A previously healthy 37-year-old woman was diagnosed with a rare neurological condition after she was administered a second dose of a trial anti-COVID vaccine, internal documents show.
It was determined that the volunteer, whose name was not disclosed to the media, developed transverse myelitis, a rare neurological ailment caused by inflammation of the spine, after receiving a second dose of an experimental anti-COVID vaccine produced by a British pharmacological giant.
Though the report states that the woman had no adverse reaction after her first dose in early June, she began to experience neurological symptoms some two weeks after her second injection in August.
The symptoms started during her jogging routine when she tripped due to a motor function issue. The next day, she experienced difficulties walking, weakness in her arms, impaired motor control over her hands, a headache, and reduced feeling in her torso. On September 5th, the woman was hospitalized and diagnosed with “confirmed transverse myelitis.”
The company’s own internal report – known as a “Suspected or Unexpected Serious Adverse Reaction report” or SUSAR, confirmed diagnostics on two occasions. The report read that the volunteer had no previous neurological conditions that could explain the neurological disease, concluding that probable cause is the experimental anti-COVID vaccine.
“The resolution of her symptoms is quite rapid considering her illness started only four days ago,” the report says, adding that her symptoms were improving.
Less than a week after developing symptoms, however, the woman began to make a recovery. “Her strength and dexterity in her hands were getting better,” the report observed.

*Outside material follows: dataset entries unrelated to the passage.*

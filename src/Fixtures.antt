-- ===== src/Fixtures.antt =====
-- Concrete inputs for the tests: a message queue as a list, which meets the laws of the interface, and
-- a configuration in the Kconfig ranges.
use esp_nmea_bridge_zephyr.Base.{
  ℕ, ◌≤◌, ◌<◌, ◌≡◌, refl, true, false, Option, none, some, List, [], ◌∷◌, ◌++◌, arith,
  if◌then◌else◌, ltb, length,
}
use esp_nmea_bridge_zephyr.Zephyr.{ok, err, enomsg, Status, Timeout, expired, Msgq}
use esp_nmea_bridge_zephyr.Config.{Config, InRange}
use esp_nmea_bridge_zephyr.NmeaBridge.{Frame, no_bridge_stats, statics}
use esp_nmea_bridge_zephyr.StatusLed.{not_started}
use esp_nmea_bridge_zephyr.WifiManager.{wifi_statics}
use esp_nmea_bridge_zephyr.BridgeTelemetry.{disconnected, idle, Snapshot, no_state}
use esp_nmea_bridge_zephyr.BridgeTelemetry.Live.{Firmware}

pub record ListQueue : Type 0 where
  pub items : List Frame
  pub depth : ℕ

abbrev pub put_list : ListQueue → Frame → Status × ListQueue
put_list q f =
    if ltb (length q.items) q.depth
    then (ok, record q { items = q.items ++ f ∷ [] })
    else (err enomsg, q)

abbrev pub get_from : Timeout → List Frame → ℕ → Status × Option Frame × ListQueue
get_from t [] d = (err (expired t), none, record { items = []; depth = d })
get_from t (f ∷ fs) d = (ok, some f, record { items = fs; depth = d })

pub depth-put_list : (q : ListQueue) (f : Frame) → (put_list q f).1.depth ≡ q.depth
depth-put_list q f = ground arith

pub depth-get_from : (t : Timeout) (fs : List Frame) (d : ℕ) → (get_from t fs d).2.depth ≡ d
depth-get_from t [] d = refl
depth-get_from t (f ∷ fs) d = refl

pub put_list_room :
    (q : ListQueue) (f : Frame)
    → length q.items < q.depth
    → ((put_list q f).0 ≡ ok) × ((put_list q f).1.items ≡ q.items ++ f ∷ [])
put_list_room q f h = ground arith

pub put_list_full :
    (q : ListQueue) (f : Frame)
    → q.depth ≤ length q.items
    → ((put_list q f).0 ≡ err enomsg) × ((put_list q f).1.items ≡ q.items)
put_list_full q f h = ground arith

pub get_from_empty :
    (t : Timeout) (q : ListQueue)
    → q.items ≡ []
    → ((get_from t q.items q.depth).0 ≡ err (expired t))
      × ((get_from t q.items q.depth).1 ≡ none)
      × ((get_from t q.items q.depth).2.items ≡ [])
get_from_empty t q e = ground arith

pub get_from_first :
    (t : Timeout) (q : ListQueue) (f : Frame) (fs : List Frame)
    → q.items ≡ f ∷ fs
    → ((get_from t q.items q.depth).0 ≡ ok)
      × ((get_from t q.items q.depth).1 ≡ some f)
      × ((get_from t q.items q.depth).2.items ≡ fs)
get_from_first t q f fs e = ground arith

instance abbrev pub list_msgq : Msgq Frame ListQueue
list_msgq = record {
  contents = λ q. q.items;
  capacity = λ q. q.depth;
  init = λ d. record { items = []; depth = d };
  put = put_list;
  get = λ t q. get_from t q.items q.depth;
  purge = λ q. record q { items = [] };
  contents-init = λ d. refl;
  capacity-init = λ d. refl;
  contents-purge = λ q. refl;
  capacity-purge = λ q. refl;
  capacity-put = depth-put_list;
  capacity-get = λ t q. depth-get_from t q.items q.depth;
  put_room = put_list_room;
  put_full = put_list_full;
  get_empty = get_from_empty;
  get_first = get_from_first;
}

-- A line has at most 32 bytes; two frames fit the queue of a sink, three the ingest queue.
abbrev pub small : Config
small = record {
  tcp_nmea_server_enable = true;
  tcp_nmea_client_enable = true;
  status_led_enable = true;
  tcp_nmea_server_max_clients = 2;
  nmea_sinks_max = 3;
  nmea_frame_max_len = 32;
  ingest_queue_depth = 3;
  sink_queue_depth = 2;
}

pub small-InRange : InRange small
small-InRange = omega arith

-- The parts at reset, with a frame counted and a session open, and a snapshot.
abbrev pub firmware : Firmware ListQueue
firmware = record {
  uart_stats = record { bytes_rx = 80; lines_rx = 2; overlong_lines = 1 };
  shared = record {
    bridge = record (statics small (record { items = []; depth = 0 })) {
      bridge_stats = record no_bridge_stats { frames_in = 1 };
    };
    led = not_started;
    active_sessions = 1;
  };
  server = record {
    clients = record { fd = some 5; active = true } ∷ record { fd = none; active = false } ∷ [];
    started = true;
  };
  wifi = wifi_statics;
  net = record { unicast = none; gateway = 0 };
  telemetry = no_state;
}

abbrev pub no_snapshot : Snapshot
no_snapshot = record {
  connection_state = disconnected;
  input_state = idle;
  warnings = record { data_quality = false; frame_loss = false };
  sta_ready = false;
  counters = record {
    uart_bytes_rx = 0;
    uart_lines_rx = 0;
    uart_overlong_lines = 0;
    bridge_frames_in = 0;
    bridge_ingest_dropped_oldest = 0;
    bridge_sink_dropped_oldest = 0;
    bridge_publish_no_sinks = 0;
    bridge_publish_invalid = 0;
    bridge_publish_oversize = 0;
    tcp_nmea_active_sessions = 0;
    tcp_server_active_clients = 0;
    tcp_server_max_clients = 0;
  };
}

To date, no other trial participants have experienced similar reactions to the vaccine. AstraZeneca consider it a breakthrough in fighting the coronavirus pandemic.

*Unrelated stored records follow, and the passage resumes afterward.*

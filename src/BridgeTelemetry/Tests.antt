-- ===== src/BridgeTelemetry/Tests.antt =====
-- Snapshots of concrete inputs.
use esp_nmea_bridge_zephyr.Base.{ℕ, ◌≡◌, true, none, some, [], ◌∷◌}
use esp_nmea_bridge_zephyr.Base.Int.{pos}
use esp_nmea_bridge_zephyr.BridgeTelemetry.{idle, Snapshot, Inputs, TelemetryState, build_snapshot}
use esp_nmea_bridge_zephyr.BridgeTelemetry.Live.{Shows, get_snapshot, get_snapshot-Shows}
use esp_nmea_bridge_zephyr.Fixtures.{firmware, no_snapshot}
use esp_nmea_bridge_zephyr.WifiManager.{sta_ready}
use esp_nmea_bridge_zephyr.BridgeTelemetry.Polling.{
  Polls, after_polls, last_change, input_state-polls,
}

abbrev inputs : ℕ → Inputs
inputs frames = record {
  uart_bytes_rx = 80;
  uart_lines_rx = 2;
  uart_overlong_lines = 0;
  bridge_frames_in = frames;
  bridge_ingest_dropped_oldest = 0;
  bridge_sink_dropped_oldest = 1;
  bridge_publish_no_sinks = 3;
  bridge_publish_invalid = 0;
  bridge_publish_oversize = 0;
  tcp_nmea_active_sessions = 1;
  tcp_server_active_clients = 1;
  tcp_server_max_clients = 3;
  sta_ready = true;
}

-- Two frames were there at the first snapshot, an hour after start; none came since.
abbrev polls : Polls
polls = (inputs 2, 3_605_000) ∷ (inputs 2, 3_600_000) ∷ []

input_state-polls_example :
    (s : Snapshot) × (build_snapshot
        (some (after_polls polls))
        (some (inputs 2))
        (pos 3_605_001)
        (some no_snapshot)
      ≡ (some (after_polls ((inputs 2, 3_605_001) ∷ polls)), some s))
    × (s.input_state ≡ idle)
unfolding last_change
input_state-polls_example = input_state-polls polls (inputs 2) 3_605_001 no_snapshot

get_snapshot-Shows_example :
    (state : TelemetryState) × (s : Snapshot) × (get_snapshot firmware 7 (some no_snapshot) ≡ (
      record firmware { telemetry = state; wifi = (sta_ready firmware.wifi firmware.net).0 },
      some s,
    ))
    × Shows firmware s
    × (get_snapshot firmware 7 none ≡ (firmware, none))
get_snapshot-Shows_example = get_snapshot-Shows firmware 7 no_snapshot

In a previously released report called “participant information sheet”, the company acknowledged that a volunteer had developed “unexplained neurological symptoms”, while avoiding linking the woman’s condition to the vaccine they developed. However, the company paused its trials worldwide after the incident.
Furthermore, AstraZeneca claimed the reaction was “considered unlikely to be associated with the vaccine or there was insufficient evidence to say for certain that the illnesses were or were not related to the vaccine,” despite the internal revision which determined an obvious link between the vaccine and neurological conditions that the volunteer developed.
The company resumed trials in the UK and Brazil, but their trials remain on hold in the US until health authorities determine it is safe to continue, said Moncef Slaoui, Moroccan-born Belgian-American researcher and former head of GlaxoSmithKline’s vaccines department, now chief adviser to the US government’s Covid-19 vaccine effort.
According to Oxford University, some 18,000 volunteers around the world have received the experimental anti-COVID vaccine.